#### Work instructions
Out of the records below, copy all lines in which the word "small" occurs.

Saved entries
==========
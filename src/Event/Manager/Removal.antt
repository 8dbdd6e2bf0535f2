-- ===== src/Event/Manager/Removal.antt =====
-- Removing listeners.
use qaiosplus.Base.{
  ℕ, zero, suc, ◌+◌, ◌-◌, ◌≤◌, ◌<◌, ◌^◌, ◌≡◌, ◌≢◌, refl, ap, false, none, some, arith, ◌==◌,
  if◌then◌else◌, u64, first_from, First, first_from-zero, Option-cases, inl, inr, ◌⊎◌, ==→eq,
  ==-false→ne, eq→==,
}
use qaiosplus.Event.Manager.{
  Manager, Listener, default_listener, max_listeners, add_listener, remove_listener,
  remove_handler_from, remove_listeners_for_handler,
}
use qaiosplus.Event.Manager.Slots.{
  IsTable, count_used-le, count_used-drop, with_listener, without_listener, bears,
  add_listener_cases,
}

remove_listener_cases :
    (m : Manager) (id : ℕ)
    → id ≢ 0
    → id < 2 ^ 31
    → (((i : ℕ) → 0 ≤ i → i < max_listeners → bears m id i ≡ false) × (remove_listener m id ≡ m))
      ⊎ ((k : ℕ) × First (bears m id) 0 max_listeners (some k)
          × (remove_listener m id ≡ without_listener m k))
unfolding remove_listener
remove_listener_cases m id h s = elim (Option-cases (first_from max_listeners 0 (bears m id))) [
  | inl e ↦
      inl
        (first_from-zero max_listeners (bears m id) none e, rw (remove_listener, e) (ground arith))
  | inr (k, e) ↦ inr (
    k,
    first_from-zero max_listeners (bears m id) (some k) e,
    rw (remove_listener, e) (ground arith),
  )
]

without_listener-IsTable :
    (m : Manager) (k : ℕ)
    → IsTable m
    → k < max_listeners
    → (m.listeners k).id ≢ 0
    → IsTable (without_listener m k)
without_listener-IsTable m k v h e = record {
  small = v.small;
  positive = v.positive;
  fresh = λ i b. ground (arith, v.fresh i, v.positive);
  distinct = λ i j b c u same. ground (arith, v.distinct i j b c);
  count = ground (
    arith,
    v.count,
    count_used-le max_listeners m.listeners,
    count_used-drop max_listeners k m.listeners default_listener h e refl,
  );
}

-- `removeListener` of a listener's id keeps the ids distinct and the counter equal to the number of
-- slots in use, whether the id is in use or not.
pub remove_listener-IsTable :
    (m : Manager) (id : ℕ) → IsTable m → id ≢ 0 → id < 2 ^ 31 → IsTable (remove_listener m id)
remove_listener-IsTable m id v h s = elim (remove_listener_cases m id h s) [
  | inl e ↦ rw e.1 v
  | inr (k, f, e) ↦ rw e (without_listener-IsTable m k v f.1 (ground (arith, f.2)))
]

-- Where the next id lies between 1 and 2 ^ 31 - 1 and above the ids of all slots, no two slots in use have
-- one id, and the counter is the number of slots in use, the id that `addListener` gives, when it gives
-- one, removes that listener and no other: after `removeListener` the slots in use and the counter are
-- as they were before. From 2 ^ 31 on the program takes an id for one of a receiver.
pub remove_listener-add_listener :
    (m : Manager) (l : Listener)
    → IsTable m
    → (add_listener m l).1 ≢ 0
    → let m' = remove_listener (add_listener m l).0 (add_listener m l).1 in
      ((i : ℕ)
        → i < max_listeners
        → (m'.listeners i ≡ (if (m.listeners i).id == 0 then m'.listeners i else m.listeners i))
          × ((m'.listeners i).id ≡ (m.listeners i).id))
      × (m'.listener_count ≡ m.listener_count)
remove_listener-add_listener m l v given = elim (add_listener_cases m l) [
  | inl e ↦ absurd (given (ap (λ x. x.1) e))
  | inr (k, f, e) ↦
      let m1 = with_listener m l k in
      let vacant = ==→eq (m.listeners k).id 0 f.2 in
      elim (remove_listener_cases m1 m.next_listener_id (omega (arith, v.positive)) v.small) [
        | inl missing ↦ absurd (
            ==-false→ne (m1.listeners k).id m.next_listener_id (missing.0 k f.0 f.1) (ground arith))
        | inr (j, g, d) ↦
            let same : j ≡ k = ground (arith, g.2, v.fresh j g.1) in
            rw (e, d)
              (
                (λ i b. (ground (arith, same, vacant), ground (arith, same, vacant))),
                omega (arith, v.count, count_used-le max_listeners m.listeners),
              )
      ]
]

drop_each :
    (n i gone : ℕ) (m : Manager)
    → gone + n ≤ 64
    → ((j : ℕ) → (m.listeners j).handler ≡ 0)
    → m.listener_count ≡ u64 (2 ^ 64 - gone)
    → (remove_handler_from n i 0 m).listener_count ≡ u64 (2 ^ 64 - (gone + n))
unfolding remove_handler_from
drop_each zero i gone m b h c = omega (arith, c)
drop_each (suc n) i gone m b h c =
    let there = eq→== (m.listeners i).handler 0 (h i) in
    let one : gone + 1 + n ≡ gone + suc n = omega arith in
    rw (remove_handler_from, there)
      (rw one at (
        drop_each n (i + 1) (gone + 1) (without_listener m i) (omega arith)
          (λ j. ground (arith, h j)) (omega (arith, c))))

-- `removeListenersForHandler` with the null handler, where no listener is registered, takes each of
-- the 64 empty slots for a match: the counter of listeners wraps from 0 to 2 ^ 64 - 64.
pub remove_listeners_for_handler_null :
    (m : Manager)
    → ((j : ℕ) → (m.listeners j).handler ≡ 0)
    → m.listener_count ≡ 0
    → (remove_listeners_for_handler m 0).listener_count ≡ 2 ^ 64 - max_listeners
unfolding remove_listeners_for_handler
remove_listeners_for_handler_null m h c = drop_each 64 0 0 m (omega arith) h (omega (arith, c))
==========
#### Response to this task
  small = v.small;
      elim (remove_listener_cases m1 m.next_listener_id (omega (arith, v.positive)) v.small) [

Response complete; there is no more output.